» **STORED DATA**

※

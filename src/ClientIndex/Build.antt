-- ===== src/ClientIndex/Build.antt =====
-- web/src/lib/client-index.ts: build, which makes the index of the tables of a source. An Arrow table is
-- the fields of its schema with their type as text, its number of rows, and its columns by name, null
-- values as `none`; a column has as many values as its table has rows. `V` is the type of values;
-- `to_number` and `to_text` are `Number` and `String` on them; `to_lower` is `toLowerCase`, for the /i
-- of the pattern of number types.
use tableverse.Prelude.{
  ℕ, suc, ◌+◌, List, [], ◌∷◌, Option, none, some, Bool, true, false, ◌||◌, if◌then◌else◌, Text,
  text, text_key, ◌≟◌, ite, map, length, set, replicate,
}
use tableverse.Prelude.Dict
use tableverse.ClientIndex.{floats, strings, Numbers, ClientIndex, text_less, includes, rows_from}
use tableverse.ClientIndex.Sorted.{text_at}

pub record ArrowTable (V : Type 0) : Type 0 where
  pub fields : List (Text × Text)
  pub num_rows : ℕ
  pub children : List (Text × List (Option V))

-- The rows in the order of their texts, those with one text in their own order.
unfoldable pub insert_row : List Text → ℕ → List ℕ → List ℕ
unfolding text_less text_at
insert_row xs row [] = row ∷ []
insert_row xs row (r ∷ rows) =
    let rest = insert_row xs row rows in
    if text_less (text_at xs r) (text_at xs row) then r ∷ rest else row ∷ r ∷ rows

unfoldable pub sort_by_text : List Text → List ℕ → List ℕ
unfolding insert_row
sort_by_text xs [] = []
sort_by_text xs (row ∷ rows) = insert_row xs row (sort_by_text xs rows)

unfoldable pub build_sorted_indices_str : List Text → List ℕ
unfolding sort_by_text
build_sorted_indices_str data_of = sort_by_text data_of (rows_from 0 (length data_of))

-- The sum of `numRows`.
unfoldable pub sum_rows : {V : Type 0} → List (ArrowTable V) → ℕ
sum_rows [] = 0
sum_rows (t ∷ tables) = t.num_rows + sum_rows tables

-- `data[off++] = v` for each value; a write out of bounds changes nothing.
unfoldable pub write_all : {A : Type 0} → List A → ℕ → List A → List A
write_all data_of off [] = data_of
write_all data_of off (v ∷ vs) = write_all (set data_of off v) (suc off) vs

-- The type of the first field with a name, as text.
unfoldable pub type_of : Text → List (Text × Text) → Text
type_of name [] = []
type_of name ((field_name, type_str) ∷ fields) =
    let rest = type_of name fields in ite (field_name ≟ name) type_str rest

-- Each name of a schema with its type, that of the first field with the name.
unfoldable pub typed : List (Text × Text) → List (Text × Text) → List (Text × Text)
unfolding type_of
typed schema [] = []
typed schema ((name, own_type) ∷ fields) = (name, type_of name schema) ∷ typed schema fields

module _ {N V : Type 0} (to_lower : Text → Text) (to_number : V → N) (to_text : V → Text)
    (nan zero_number : N) where
  unfoldable pub is_numeric_type_str : Text → Bool
  is_numeric_type_str type_str =
      let s = to_lower type_str in
      includes (text "int") s
      || includes (text "float") s
      || includes (text "double") s
      || includes (text "decimal") s
      || includes (text "uint") s
      || includes (text "num") s

  unfoldable pub number_cell : Option V → N
  number_cell none = nan
  number_cell (some v) = to_number v

  unfoldable pub text_cell : Option V → Text
  text_cell none = []
  text_cell (some v) = to_text v

  unfoldable pub number_column : Text → List N → ℕ → List (ArrowTable V) → List N
  unfolding number_cell write_all
  number_column name data_of off [] = data_of
  number_column name data_of off (t ∷ tables) = elim (Dict.get name t.children) [
    | none ↦ number_column name data_of (off + t.num_rows) tables
    | some col ↦
        number_column name (write_all data_of off (map number_cell col)) (off + length col) tables
  ]

  unfoldable pub text_column : Text → List Text → ℕ → List (ArrowTable V) → List Text
  unfolding text_cell write_all
  text_column name data_of off [] = data_of
  text_column name data_of off (t ∷ tables) = elim (Dict.get name t.children) [
    | none ↦
        text_column name (write_all data_of off (replicate t.num_rows [])) (off + t.num_rows) tables
    | some col ↦
        text_column name (write_all data_of off (map text_cell col)) (off + length col) tables
  ]

  -- The order of a column of numbers, which no filter reads, with NaN in its place.
  module _ (numbers : Numbers N) where
    unfoldable pub insert_number : List N → ℕ → N → List (ℕ × N) → List (ℕ × N)
    insert_number xs row x [] = (row, x) ∷ []
    insert_number xs row x ((r, y) ∷ rows) =
        let rest = insert_number xs row x rows in
        if numbers.less y x then (r, y) ∷ rest else (row, x) ∷ (r, y) ∷ rows

    unfoldable pub sort_numbers : List N → ℕ → List N → List (ℕ × N)
    unfolding insert_number
    sort_numbers xs row [] = []
    sort_numbers xs row (y ∷ ys) = insert_number xs row y (sort_numbers xs (suc row) ys)

    unfoldable pub build_sorted_indices_num : List N → List ℕ
    unfolding sort_numbers
    build_sorted_indices_num xs = map (λ p. p.0) (sort_numbers xs 0 xs)

    -- The column of a name with its order, put in the index.
    unfoldable pub build_column : List (ArrowTable V) → Text × Text → ClientIndex N → ClientIndex N
    unfolding is_numeric_type_str number_column text_column build_sorted_indices_num
    build_column tables (name, type_str) index = elim (is_numeric_type_str type_str) [
      | true ↦
          let data_of = number_column name (replicate index.total_rows zero_number) 0 tables in
          record index {
            cols = Dict.set name (floats data_of) index.cols;
            sorted_idx = Dict.set name (build_sorted_indices_num data_of) index.sorted_idx;
          }
      | false ↦
          let data_of = text_column name (replicate index.total_rows []) 0 tables in
          record index {
            cols = Dict.set name (strings data_of) index.cols;
            sorted_idx = Dict.set name (build_sorted_indices_str data_of) index.sorted_idx;
          }
    ]

    unfoldable pub build_columns :
        List (ArrowTable V) → List (Text × Text) → ClientIndex N → ClientIndex N
    unfolding build_column
    build_columns tables [] index = index
    build_columns tables (f ∷ fields) index =
        build_columns tables fields (build_column tables f index)

    unfoldable pub build : List (ArrowTable V) → ClientIndex N
    unfolding build_columns sum_rows typed
    build [] = record { cols = []; sorted_idx = []; col_names = []; total_rows = 0 }
    build (first ∷ tables) =
        build_columns (first ∷ tables) (typed first.fields first.fields) (record {
          cols = [];
          sorted_idx = [];
          col_names = map (λ f. f.0) first.fields;
          total_rows = sum_rows (first ∷ tables);
        })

※

» **YOUR GOAL**
All lines from the beginning of the listing through the one with "-- values as" are to be restated word for word, and only those.

» **ANSWER TO THIS TASK**
filename src/ClientIndex/Build.antt
-- ===== src/ClientIndex/Build.antt =====
-- web/src/lib/client-index.ts: build, which makes the index of the tables of a source. An Arrow table is
-- the fields of its schema with their type as text, its number of rows, and its columns by name, null
-- values as `none`; a column has as many values as its table has rows. `V` is the type of values;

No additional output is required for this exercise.